Among the javaopts for this 1.6.0._24 JVM are:
- -Xmx3072m
- -XX:+HeapDumpOnOutOfMemoryError
- -XX:-UseGCOverheadLimit
- -verbose:gc
- -Xss256k
- -XX:MaxPermSize=256m
- -server
- -XX:+PrintGCDetails
The JVM is running 1.6.0._24. We can't change versions now, but will have a window to do so in the next month or two. If 1.6.0_45 is that much more stable, we will aim to switch to that. We're currently testing it.
The machine only has 4GB of total system ram. In addition, there is a small RAM-disk in use as well. I'm concerned that the Xmx setting is already too high for this environment.
This is puzzling us, as it doesn't seem like the heap usage is very big at the time of the exception. Why are we getting this OOME?
UPDATE: We are attempting to prevent this condition by setting the initial memory (Xms) equal to the maximum memory (Xmx). So far, these experiments have been promising though we've yet to introduce the change in production.
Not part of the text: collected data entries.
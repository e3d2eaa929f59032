-- ===== src/Supervisor/Slots/Unique.antt =====
-- The table of slots: an agent has one slot at most.
use phronesis.Base.{
  ℕ, zero, suc, ◌<◌, ◌≡◌, ◌≢◌, refl, ap, ◌∙◌, true, false, none, some, List, [], ◌∷◌, arith, ◌==◌,
  if◌then◌else◌, length, length-set, set,
}
use phronesis.Base.CString.{Bytes, strcmp_eq}
use phronesis.Base.CString.Laws.{strcmp_eq_iff}
use phronesis.Supervisor.Types.{Slot, Supervisor, slot_or, slot_at, put_slot, max_agents}
use phronesis.Supervisor.Slots.{find_slot, find_mem, free_slot, fresh_slot}

pub slot_or-set :
    (l : List Slot) (i j : ℕ) (v : Slot)
    → i < length l
    → slot_or (set l i v) j ≡ (if i == j then v else slot_or l j)
slot_or-set [] i j v h = absurd (omega arith)
slot_or-set (a ∷ l) zero zero v h = refl
slot_or-set (a ∷ l) zero (suc j) v h = ground arith
slot_or-set (a ∷ l) (suc i) zero v h = ground arith
slot_or-set (a ∷ l) (suc i) (suc j) v h = ground (arith, slot_or-set l i j v)

pub find_slot-some :
    (l : List Slot) (id : Bytes) {i : ℕ}
    → find_slot l id ≡ some i
    → (i < length l) × ((slot_or l i).in_use ≡ true) × (strcmp_eq (slot_or l i).id id ≡ true)
unfolding find_slot
find_slot-some [] id h = absurd (ground arith)
find_slot-some (a ∷ l) id {i = zero} h = ground arith
find_slot-some (a ∷ l) id {i = suc i} h = ground (arith, find_slot-some l id {i = i})

pub find_slot-none :
    (l : List Slot) (id : Bytes) (j : ℕ)
    → find_slot l id ≡ none
    → (slot_or l j).in_use ≡ true
    → strcmp_eq (slot_or l j).id id ≡ false
unfolding find_slot
find_slot-none [] id j h u = ground arith
find_slot-none (a ∷ l) id zero h u = ground arith
find_slot-none (a ∷ l) id (suc j) h u = ground (arith, find_slot-none l id j)

pub free_slot-some :
    (l : List Slot) {i : ℕ} → free_slot l ≡ some i → (i < length l) × ((slot_or l i).in_use ≡ false)
unfolding free_slot
free_slot-some [] h = absurd (ground arith)
free_slot-some (a ∷ l) {i = zero} h = ground arith
free_slot-some (a ∷ l) {i = suc i} h = ground (arith, free_slot-some l {i = i})

-- The table has its sixteen slots, and no two slots in use have one id.
pub record IsTable (s : Supervisor) : Type 0 where
  pub size : length s.agents ≡ max_agents
  pub distinct :
      (i j : ℕ)
      → (slot_at s i).in_use ≡ true
      → (slot_at s j).in_use ≡ true
      → (slot_at s i).id ≡ (slot_at s j).id
      → i ≡ j

-- A slot changes, and keeps its id and its use.
pub IsTable-put_same :
    (s : Supervisor) (i : ℕ) (v : Slot)
    → IsTable s
    → i < length s.agents
    → v.id ≡ (slot_at s i).id
    → v.in_use ≡ (slot_at s i).in_use
    → IsTable (put_slot s i v)
IsTable-put_same s i v t h e u = record {
  size = length-set s.agents i v ∙ t.size;
  distinct = λ x y p q r.
      ground (arith, slot_or-set s.agents i x v h, slot_or-set s.agents i y v h, t.distinct x y);
}

-- A slot that is not in use is taken for an id that no slot has.
pub IsTable-put_new :
    (s : Supervisor) (i : ℕ) (v : Slot)
    → IsTable s
    → i < length s.agents
    → ((j : ℕ) → (slot_at s j).in_use ≡ true → (slot_at s j).id ≢ v.id)
    → IsTable (put_slot s i v)
IsTable-put_new s i v t h new = record {
  size = length-set s.agents i v ∙ t.size;
  distinct = λ x y p q r. ground (
    arith,
    slot_or-set s.agents i x v h,
    slot_or-set s.agents i y v h,
    t.distinct x y,
    new x,
    new y,
  );
}

-- Slot i of `s'` is the agent's, and no other agent's in `s`; the other slots are those of `s`.
pub record IsSlotOf (id : Bytes) (i : ℕ) (s s' : Supervisor) : Type 0 where
  pub below : i < length s'.agents
  pub used : (slot_at s' i).in_use ≡ true
  pub named : (slot_at s' i).id ≡ id
  pub own : (slot_at s i).in_use ≡ true → (slot_at s i).id ≡ id
  pub others : (j : ℕ) → j ≢ i → slot_at s' j ≡ slot_at s j

-- An id that is not found is in no slot in use.
pub find_mem-none :
    (s : Supervisor) (id : Bytes) (j : ℕ)
    → find_mem s id ≡ none
    → (slot_at s j).in_use ≡ true
    → (slot_at s j).id ≢ id
find_mem-none s id j h u e =
    ground (arith, find_slot-none s.agents id j h u, (strcmp_eq_iff (slot_at s j).id id).1 e)

set-set : (l : List Slot) (i : ℕ) (u v : Slot) → set (set l i u) i v ≡ set l i v
set-set [] i u v = refl
set-set (a ∷ l) zero u v = refl
set-set (a ∷ l) (suc i) u v = ap (◌∷◌ a) (set-set l i u v)

-- alloc_mem and the write of the slot that follows it.
pub put_free :
    (s : Supervisor) (id : Bytes) (v : Slot) {i : ℕ}
    → IsTable s
    → find_mem s id ≡ none
    → free_slot s.agents ≡ some i
    → v.in_use ≡ true
    → v.id ≡ id
    → IsTable (put_slot (put_slot s i fresh_slot) i v)
      × IsSlotOf id i s (put_slot (put_slot s i fresh_slot) i v)
put_free s id v {i} t f e u n =
    let (below, free) = free_slot-some s.agents e in
    let once = λ (j : ℕ). slot_or-set s.agents i j v below in
    rw (set-set s.agents i fresh_slot v) (
      IsTable-put_new s i v t below (λ j p. rw n (find_mem-none s id j f p)),
      record {
        below = rw length-set below;
        used = ground (arith, once i);
        named = ground (arith, once i);
        own = λ u. absurd (ground arith);
        others = λ j d. ground (arith, once j);
      },
    )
It still doesn't explain why the OOME occurred in the first place, though it does seem to indicate that the OOME can be avoided without increasing the max heap size (or reducing the app memory footprint). So the mystery remains of why the heap resizing caused an OOME?